__Problem__
The exercise asks you to copy every line below in which "already" appears.

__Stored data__
+ + + + +

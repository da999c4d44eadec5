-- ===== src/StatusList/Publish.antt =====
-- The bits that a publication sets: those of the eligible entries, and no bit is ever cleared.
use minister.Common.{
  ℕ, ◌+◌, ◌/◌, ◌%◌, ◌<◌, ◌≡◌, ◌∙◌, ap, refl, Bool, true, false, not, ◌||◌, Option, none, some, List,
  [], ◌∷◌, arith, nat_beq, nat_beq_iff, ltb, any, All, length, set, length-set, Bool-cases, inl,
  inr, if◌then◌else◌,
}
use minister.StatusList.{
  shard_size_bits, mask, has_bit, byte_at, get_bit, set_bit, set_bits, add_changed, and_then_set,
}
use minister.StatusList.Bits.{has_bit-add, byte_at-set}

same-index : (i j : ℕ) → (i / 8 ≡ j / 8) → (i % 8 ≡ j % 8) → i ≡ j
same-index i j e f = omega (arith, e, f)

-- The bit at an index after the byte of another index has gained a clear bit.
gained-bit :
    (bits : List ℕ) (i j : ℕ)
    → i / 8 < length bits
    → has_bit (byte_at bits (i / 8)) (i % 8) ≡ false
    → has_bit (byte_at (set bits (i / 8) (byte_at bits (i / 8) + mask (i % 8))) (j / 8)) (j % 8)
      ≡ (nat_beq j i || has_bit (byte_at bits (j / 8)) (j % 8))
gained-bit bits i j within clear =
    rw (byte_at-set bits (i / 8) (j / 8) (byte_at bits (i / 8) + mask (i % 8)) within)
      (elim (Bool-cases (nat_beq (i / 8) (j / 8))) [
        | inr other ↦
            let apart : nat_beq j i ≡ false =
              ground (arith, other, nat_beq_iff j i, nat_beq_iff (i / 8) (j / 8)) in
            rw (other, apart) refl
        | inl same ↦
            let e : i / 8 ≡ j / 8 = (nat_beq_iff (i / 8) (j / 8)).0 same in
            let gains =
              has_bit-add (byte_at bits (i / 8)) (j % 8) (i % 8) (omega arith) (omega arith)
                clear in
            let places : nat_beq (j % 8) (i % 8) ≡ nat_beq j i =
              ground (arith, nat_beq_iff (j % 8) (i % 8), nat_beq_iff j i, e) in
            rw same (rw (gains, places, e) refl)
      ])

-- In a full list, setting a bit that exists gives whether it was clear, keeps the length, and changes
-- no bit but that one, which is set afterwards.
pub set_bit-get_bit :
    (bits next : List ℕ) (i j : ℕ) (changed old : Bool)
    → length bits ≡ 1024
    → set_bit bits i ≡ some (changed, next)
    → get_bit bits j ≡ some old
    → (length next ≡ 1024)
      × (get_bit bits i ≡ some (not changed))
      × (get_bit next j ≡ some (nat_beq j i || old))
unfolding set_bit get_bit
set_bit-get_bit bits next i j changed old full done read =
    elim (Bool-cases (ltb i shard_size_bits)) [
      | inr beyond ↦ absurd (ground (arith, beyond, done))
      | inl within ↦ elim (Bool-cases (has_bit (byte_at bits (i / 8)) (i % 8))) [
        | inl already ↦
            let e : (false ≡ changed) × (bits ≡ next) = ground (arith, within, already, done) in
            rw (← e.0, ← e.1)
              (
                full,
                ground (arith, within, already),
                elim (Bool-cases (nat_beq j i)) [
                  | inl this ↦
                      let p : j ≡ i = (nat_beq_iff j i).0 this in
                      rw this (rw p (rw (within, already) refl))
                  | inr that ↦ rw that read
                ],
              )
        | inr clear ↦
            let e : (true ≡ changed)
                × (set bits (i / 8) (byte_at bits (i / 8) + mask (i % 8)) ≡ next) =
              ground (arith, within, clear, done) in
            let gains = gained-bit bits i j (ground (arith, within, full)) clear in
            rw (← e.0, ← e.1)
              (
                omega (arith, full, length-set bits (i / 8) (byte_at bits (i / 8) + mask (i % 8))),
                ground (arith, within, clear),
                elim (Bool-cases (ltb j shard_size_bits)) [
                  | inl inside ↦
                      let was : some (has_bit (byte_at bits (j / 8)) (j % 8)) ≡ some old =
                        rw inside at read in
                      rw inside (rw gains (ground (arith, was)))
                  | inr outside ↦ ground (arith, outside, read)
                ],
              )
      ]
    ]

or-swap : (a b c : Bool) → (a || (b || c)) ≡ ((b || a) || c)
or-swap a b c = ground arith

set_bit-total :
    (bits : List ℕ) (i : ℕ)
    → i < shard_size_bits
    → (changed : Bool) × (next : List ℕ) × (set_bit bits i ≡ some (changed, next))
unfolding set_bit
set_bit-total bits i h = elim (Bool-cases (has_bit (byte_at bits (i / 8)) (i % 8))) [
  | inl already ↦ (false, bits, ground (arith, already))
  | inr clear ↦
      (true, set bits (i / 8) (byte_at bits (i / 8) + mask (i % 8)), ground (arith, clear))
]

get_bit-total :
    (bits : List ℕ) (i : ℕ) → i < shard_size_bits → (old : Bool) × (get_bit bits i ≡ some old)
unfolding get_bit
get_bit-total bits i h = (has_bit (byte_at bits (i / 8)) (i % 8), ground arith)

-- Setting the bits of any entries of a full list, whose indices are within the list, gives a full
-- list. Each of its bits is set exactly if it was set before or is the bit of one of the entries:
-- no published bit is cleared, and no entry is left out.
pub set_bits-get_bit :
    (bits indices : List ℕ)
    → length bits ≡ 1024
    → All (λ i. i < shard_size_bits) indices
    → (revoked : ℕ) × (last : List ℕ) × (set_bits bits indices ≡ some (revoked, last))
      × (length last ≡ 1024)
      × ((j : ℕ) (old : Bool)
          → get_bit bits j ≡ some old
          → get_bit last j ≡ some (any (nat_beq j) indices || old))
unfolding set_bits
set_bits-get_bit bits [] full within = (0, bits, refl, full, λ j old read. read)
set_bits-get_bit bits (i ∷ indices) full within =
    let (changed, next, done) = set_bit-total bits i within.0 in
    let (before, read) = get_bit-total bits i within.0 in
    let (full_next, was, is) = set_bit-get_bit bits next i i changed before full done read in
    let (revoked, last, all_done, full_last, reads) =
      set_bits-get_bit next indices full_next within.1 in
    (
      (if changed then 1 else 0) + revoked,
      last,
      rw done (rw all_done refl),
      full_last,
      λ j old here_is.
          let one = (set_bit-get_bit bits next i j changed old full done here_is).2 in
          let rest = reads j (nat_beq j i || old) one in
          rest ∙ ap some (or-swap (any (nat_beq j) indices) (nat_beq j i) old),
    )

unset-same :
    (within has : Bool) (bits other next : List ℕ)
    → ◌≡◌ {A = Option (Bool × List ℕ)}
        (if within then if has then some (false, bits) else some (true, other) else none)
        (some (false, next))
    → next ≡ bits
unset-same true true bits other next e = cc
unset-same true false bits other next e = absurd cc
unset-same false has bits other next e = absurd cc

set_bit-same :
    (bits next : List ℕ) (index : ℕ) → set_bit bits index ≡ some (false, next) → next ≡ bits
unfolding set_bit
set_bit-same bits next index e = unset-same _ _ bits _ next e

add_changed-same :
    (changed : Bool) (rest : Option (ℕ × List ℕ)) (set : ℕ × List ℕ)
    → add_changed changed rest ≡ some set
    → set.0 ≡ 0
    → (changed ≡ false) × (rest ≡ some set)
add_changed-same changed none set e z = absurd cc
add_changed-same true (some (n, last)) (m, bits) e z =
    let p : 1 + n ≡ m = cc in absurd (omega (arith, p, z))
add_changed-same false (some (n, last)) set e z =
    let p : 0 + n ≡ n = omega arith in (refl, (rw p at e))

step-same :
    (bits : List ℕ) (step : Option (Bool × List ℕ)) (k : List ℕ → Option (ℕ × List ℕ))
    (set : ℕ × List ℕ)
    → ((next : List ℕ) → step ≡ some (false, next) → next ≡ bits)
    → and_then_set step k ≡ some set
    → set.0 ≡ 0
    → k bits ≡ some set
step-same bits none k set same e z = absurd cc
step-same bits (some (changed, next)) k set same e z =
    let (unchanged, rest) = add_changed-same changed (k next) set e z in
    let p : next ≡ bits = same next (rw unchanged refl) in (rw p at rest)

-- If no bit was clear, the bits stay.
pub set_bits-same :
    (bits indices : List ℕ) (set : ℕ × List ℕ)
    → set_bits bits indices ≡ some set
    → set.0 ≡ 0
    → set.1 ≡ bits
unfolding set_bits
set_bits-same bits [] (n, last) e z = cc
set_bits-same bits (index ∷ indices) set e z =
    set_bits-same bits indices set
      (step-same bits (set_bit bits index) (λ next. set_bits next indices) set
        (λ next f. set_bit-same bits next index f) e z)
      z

+ + + + +

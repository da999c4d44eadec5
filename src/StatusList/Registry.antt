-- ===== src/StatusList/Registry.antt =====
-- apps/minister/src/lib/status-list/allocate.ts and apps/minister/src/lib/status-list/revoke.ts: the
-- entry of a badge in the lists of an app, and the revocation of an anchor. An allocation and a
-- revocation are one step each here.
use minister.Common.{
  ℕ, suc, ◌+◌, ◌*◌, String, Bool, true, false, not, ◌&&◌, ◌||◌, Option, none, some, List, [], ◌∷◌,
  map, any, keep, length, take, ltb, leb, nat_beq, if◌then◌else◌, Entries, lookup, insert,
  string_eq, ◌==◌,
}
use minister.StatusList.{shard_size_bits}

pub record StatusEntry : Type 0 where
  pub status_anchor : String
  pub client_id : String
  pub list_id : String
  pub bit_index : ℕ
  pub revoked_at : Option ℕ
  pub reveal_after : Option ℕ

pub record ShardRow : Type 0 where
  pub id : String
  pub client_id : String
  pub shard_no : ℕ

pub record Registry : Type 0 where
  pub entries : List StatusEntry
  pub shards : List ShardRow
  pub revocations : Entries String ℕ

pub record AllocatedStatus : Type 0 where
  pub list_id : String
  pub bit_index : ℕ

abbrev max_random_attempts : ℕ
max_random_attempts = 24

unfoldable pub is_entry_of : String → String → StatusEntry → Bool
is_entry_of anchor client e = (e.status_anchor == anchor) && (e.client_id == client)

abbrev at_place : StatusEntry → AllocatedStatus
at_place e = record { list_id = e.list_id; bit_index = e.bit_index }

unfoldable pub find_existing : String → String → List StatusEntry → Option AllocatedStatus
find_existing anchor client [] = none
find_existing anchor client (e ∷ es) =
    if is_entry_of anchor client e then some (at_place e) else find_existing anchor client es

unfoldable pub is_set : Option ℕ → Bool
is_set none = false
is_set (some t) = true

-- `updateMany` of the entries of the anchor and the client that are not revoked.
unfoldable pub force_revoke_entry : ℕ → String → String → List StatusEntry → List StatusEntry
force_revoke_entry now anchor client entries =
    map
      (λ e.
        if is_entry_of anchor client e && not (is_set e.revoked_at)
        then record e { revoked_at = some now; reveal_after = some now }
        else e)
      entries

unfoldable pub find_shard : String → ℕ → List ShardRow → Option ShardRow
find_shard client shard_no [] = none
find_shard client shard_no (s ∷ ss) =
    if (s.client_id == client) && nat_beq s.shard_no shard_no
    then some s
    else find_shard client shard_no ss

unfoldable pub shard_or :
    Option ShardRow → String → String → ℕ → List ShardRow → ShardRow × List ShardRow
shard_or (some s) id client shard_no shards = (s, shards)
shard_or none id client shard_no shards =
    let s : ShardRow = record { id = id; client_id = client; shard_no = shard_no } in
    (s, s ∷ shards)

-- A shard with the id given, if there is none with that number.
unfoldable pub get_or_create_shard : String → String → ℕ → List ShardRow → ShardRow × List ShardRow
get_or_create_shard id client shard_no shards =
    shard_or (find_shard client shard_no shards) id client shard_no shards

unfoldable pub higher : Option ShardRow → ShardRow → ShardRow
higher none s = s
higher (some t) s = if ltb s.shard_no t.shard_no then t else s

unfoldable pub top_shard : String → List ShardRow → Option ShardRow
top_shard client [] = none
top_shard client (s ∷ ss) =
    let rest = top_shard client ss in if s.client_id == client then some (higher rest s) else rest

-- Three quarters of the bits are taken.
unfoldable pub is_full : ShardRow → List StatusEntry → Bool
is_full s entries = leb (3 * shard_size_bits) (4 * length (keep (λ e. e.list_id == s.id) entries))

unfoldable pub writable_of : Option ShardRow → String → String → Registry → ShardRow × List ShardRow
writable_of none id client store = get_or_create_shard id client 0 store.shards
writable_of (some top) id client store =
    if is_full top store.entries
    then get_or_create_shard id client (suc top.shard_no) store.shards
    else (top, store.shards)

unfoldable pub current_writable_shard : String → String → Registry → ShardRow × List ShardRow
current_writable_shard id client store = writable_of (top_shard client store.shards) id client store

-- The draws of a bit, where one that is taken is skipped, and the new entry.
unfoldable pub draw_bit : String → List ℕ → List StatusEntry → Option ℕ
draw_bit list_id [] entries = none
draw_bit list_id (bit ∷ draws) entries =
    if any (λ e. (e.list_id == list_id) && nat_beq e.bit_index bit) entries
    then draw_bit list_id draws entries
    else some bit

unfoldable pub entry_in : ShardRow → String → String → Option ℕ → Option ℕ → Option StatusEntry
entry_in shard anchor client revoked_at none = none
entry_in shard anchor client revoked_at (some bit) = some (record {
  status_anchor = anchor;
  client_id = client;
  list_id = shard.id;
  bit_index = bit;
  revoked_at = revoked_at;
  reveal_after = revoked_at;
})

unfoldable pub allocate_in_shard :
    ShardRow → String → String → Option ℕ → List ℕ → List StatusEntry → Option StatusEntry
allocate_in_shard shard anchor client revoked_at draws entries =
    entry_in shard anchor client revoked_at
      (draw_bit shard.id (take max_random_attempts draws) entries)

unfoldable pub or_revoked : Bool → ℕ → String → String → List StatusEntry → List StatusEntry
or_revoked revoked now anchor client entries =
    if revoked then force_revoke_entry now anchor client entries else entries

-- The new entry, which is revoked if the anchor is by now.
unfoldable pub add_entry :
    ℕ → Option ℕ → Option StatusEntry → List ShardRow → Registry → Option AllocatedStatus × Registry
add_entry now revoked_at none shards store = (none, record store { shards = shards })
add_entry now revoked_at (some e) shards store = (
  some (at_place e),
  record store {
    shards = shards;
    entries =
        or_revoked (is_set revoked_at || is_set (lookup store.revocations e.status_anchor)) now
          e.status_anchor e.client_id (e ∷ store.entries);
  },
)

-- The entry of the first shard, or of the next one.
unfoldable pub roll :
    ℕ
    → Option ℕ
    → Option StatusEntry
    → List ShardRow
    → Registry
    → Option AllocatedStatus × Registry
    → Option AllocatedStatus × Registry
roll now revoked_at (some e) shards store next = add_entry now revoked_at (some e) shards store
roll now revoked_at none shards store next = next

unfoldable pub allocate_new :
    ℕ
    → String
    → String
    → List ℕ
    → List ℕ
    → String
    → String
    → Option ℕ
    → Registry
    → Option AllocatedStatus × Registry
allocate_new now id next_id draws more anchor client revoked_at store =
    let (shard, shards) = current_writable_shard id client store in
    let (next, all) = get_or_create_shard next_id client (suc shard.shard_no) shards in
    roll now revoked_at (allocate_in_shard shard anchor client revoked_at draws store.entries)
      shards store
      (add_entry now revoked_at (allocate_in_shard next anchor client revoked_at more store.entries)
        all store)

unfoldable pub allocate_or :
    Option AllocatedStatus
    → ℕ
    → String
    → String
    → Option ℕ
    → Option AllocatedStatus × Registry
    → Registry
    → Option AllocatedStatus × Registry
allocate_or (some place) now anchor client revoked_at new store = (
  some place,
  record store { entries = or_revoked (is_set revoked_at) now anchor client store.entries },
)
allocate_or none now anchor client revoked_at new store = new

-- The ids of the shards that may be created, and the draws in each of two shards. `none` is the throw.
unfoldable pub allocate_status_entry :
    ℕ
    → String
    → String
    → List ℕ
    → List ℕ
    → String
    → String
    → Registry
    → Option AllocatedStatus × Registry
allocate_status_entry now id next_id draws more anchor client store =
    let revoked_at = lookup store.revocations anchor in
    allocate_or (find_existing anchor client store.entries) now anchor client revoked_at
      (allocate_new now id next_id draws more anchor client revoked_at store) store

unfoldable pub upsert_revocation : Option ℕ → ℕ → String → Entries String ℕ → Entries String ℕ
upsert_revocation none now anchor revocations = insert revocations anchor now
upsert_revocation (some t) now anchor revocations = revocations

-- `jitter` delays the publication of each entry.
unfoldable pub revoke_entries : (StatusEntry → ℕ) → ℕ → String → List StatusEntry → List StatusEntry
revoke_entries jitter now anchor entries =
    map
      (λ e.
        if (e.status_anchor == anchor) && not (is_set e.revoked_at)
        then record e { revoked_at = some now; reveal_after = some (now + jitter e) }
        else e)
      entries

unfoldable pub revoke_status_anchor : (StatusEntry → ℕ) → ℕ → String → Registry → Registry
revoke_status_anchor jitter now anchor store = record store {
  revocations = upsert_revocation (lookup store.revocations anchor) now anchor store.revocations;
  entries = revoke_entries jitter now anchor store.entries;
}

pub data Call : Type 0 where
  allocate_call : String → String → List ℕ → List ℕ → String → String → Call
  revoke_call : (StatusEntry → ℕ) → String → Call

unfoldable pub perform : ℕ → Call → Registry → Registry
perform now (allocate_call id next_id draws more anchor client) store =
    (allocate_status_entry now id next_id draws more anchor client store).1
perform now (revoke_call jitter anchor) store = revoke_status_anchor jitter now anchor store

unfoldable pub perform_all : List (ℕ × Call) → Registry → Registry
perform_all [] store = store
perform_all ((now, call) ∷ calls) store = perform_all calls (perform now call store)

+ + + + +

__Exercise response__
        | inl already ↦
            let e : (false ≡ changed) × (bits ≡ next) = ground (arith, within, already, done) in
                ground (arith, within, already),
                      rw this (rw p (rw (within, already) refl))
  | inl already ↦ (false, bits, ground (arith, already))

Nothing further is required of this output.